**How to complete this task**
Locate the line that contains "unfoldable pub has_id : Str → List Str → Bool" in the entries below, then repeat it and every following line through the line that contains "insert_id none out = out", exactly, and no others.

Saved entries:
◇ ◇ ◇ ◇ ◇ ◇ ◇

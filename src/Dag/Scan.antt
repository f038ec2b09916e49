-- ===== src/Dag/Scan.antt =====
-- The step ids that a step's parameters refer to, and those defined inside its bodies.
use gwead.Prelude.{Bool, false, ◌||◌, Option, none, some, List, [], ◌∷◌, ◌++◌, if◌then◌else◌}
use gwead.Text.{Str, str_eq, chars}
use gwead.Json.{Value, Items, Fields, string, array, object, nil, cons, end, field, get, as_str}
use gwead.Dag.Step.{StepDef}

-- membership in the `HashSet` of the ids seen, which holds what `out` holds
unfoldable pub has_id : Str → List Str → Bool
has_id id [] = false
has_id id (s ∷ ss) = str_eq s id || has_id id ss

-- push_unique
unfoldable pub push_unique : Str → List Str → List Str
unfolding has_id
push_unique id out = if has_id id out then out else out ++ id ∷ []

unfoldable pub push_all : List Str → List Str → List Str
unfolding push_unique
push_all [] out = out
push_all (id ∷ ids) out = push_all ids (push_unique id out)

module _ {N : Type 0} (refs : Str → List Str) where
  -- scan_value, scan_string
  unfoldable mutual
    unfolding push_all

    pub scan_value : Value N → List Str → List Str
    scan_value (string s) out = push_all (refs s) out
    scan_value (array vs) out = scan_items vs out
    scan_value (object fs) out = scan_fields fs out
    scan_value _ out = out

    pub scan_items : Items N → List Str → List Str
    scan_items nil out = out
    scan_items (cons v vs) out = scan_items vs (scan_value v out)

    pub scan_fields : Fields N → List Str → List Str
    scan_fields end out = out
    scan_fields (field k v fs) out = scan_fields fs (scan_value v out)

module _ {N : Type 0} (is_unrooted : Str → Bool) where
  -- contains_unrooted_steps_template
  unfoldable mutual
    pub contains_unrooted_steps_template : Value N → Bool
    contains_unrooted_steps_template (string s) = is_unrooted s
    contains_unrooted_steps_template (array vs) = any_unrooted vs
    contains_unrooted_steps_template (object fs) = any_unrooted_field fs
    contains_unrooted_steps_template _ = false

    pub any_unrooted : Items N → Bool
    any_unrooted nil = false
    any_unrooted (cons v vs) = contains_unrooted_steps_template v || any_unrooted vs

    pub any_unrooted_field : Fields N → Bool
    any_unrooted_field end = false
    any_unrooted_field (field k v fs) = contains_unrooted_steps_template v || any_unrooted_field fs

abbrev pub insert_id : Option Str → List Str → List Str
insert_id none out = out
insert_id (some id) out = id ∷ out

module _ {N : Type 0} where
  abbrev pub string_id : Option (Value N) → Option Str
  string_id none = none
  string_id (some v) = as_str v

  -- collect_inner_step_ids and collect_step_ids_in_array. `params.get(key)` walks the members to the
  -- first with that key; `out` stands for a `HashSet`.
  unfoldable mutual
    pub collect_inner_step_ids : Value N → List Str → List Str
    collect_inner_step_ids (object fs) out = at_body (chars "finally") fs (
        at_body (chars "catch") fs (
          at_body (chars "try") fs (
            at_body (chars "then") fs
              (at_body (chars "steps") fs (at_branches fs (at_ifs fs out))))))
    collect_inner_step_ids _ out = out

    -- `params.get("ifs")`, an array of branch objects
    pub at_ifs : Fields N → List Str → List Str
    at_ifs end out = out
    at_ifs (field k v fs) out =
        let here = ifs_branches v out in
        let later = at_ifs fs out in if str_eq k (chars "ifs") then here else later

    pub ifs_branches : Value N → List Str → List Str
    ifs_branches (array branches) out = each_branch branches out
    ifs_branches _ out = out

    pub each_branch : Items N → List Str → List Str
    each_branch nil out = out
    each_branch (cons branch rest) out = each_branch rest (collect_inner_step_ids branch out)

    -- `params.get("branches")`, an array of arrays of steps
    pub at_branches : Fields N → List Str → List Str
    at_branches end out = out
    at_branches (field k v fs) out =
        let here = step_arrays v out in
        let later = at_branches fs out in if str_eq k (chars "branches") then here else later

    pub step_arrays : Value N → List Str → List Str
    step_arrays (array arrays) out = each_array arrays out
    step_arrays _ out = out

    pub each_array : Items N → List Str → List Str
    each_array nil out = out
    each_array (cons v rest) out = each_array rest (collect_step_ids_in_array v out)

    -- the keys INNER_BODY_KEYS
    pub at_body : Str → Fields N → List Str → List Str
    at_body key end out = out
    at_body key (field k v fs) out =
        let here = collect_step_ids_in_array v out in
        let later = at_body key fs out in if str_eq k key then here else later

    pub collect_step_ids_in_array : Value N → List Str → List Str
    collect_step_ids_in_array (array steps) out = each_step steps out
    collect_step_ids_in_array _ out = out

    pub each_step : Items N → List Str → List Str
    each_step nil out = out
    each_step (cons item rest) out =
        each_step rest (inner_params item (insert_id (string_id (get (chars "id") item)) out))

    -- `item.get("params")`
    pub inner_params : Value N → List Str → List Str
    inner_params (object fs) out = at_params fs out
    inner_params _ out = out

    pub at_params : Fields N → List Str → List Str
    at_params end out = out
    at_params (field k v fs) out =
        let here = collect_inner_step_ids v out in
        let later = at_params fs out in if str_eq k (chars "params") then here else later

-- the loop over `local_out` of extract_step_deps
unfoldable pub push_outer : List Str → List Str → List Str → List Str
unfolding push_unique has_id
push_outer scoped_local [] out = out
push_outer scoped_local (id ∷ ids) out =
    push_outer scoped_local ids (if has_id id scoped_local then out else push_unique id out)

-- extract_step_deps
unfoldable pub extract_step_deps : {N : Type 0} → (Str → List Str) → StepDef N → List Str
unfolding push_all push_outer
extract_step_deps refs step =
    push_outer (collect_inner_step_ids step.params []) (scan_value refs step.params [])
      (push_all step.depends_on [])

◇ ◇ ◇ ◇ ◇ ◇ ◇

**Result for this exercise**
unfoldable pub has_id : Str → List Str → Bool
has_id id [] = false
has_id id (s ∷ ss) = str_eq s id || has_id id ss

-- push_unique
unfoldable pub push_unique : Str → List Str → List Str
unfolding has_id
push_unique id out = if has_id id out then out else out ++ id ∷ []

unfoldable pub push_all : List Str → List Str → List Str
unfolding push_unique
push_all [] out = out
push_all (id ∷ ids) out = push_all ids (push_unique id out)

module _ {N : Type 0} (refs : Str → List Str) where
  -- scan_value, scan_string
  unfoldable mutual
    unfolding push_all

    pub scan_value : Value N → List Str → List Str
    scan_value (string s) out = push_all (refs s) out
    scan_value (array vs) out = scan_items vs out
    scan_value (object fs) out = scan_fields fs out
    scan_value _ out = out

    pub scan_items : Items N → List Str → List Str
    scan_items nil out = out
    scan_items (cons v vs) out = scan_items vs (scan_value v out)

    pub scan_fields : Fields N → List Str → List Str
    scan_fields end out = out
    scan_fields (field k v fs) out = scan_fields fs (scan_value v out)

module _ {N : Type 0} (is_unrooted : Str → Bool) where
  -- contains_unrooted_steps_template
  unfoldable mutual
    pub contains_unrooted_steps_template : Value N → Bool
    contains_unrooted_steps_template (string s) = is_unrooted s
    contains_unrooted_steps_template (array vs) = any_unrooted vs
    contains_unrooted_steps_template (object fs) = any_unrooted_field fs
    contains_unrooted_steps_template _ = false

    pub any_unrooted : Items N → Bool
    any_unrooted nil = false
    any_unrooted (cons v vs) = contains_unrooted_steps_template v || any_unrooted vs

    pub any_unrooted_field : Fields N → Bool
    any_unrooted_field end = false
    any_unrooted_field (field k v fs) = contains_unrooted_steps_template v || any_unrooted_field fs

abbrev pub insert_id : Option Str → List Str → List Str
insert_id none out = out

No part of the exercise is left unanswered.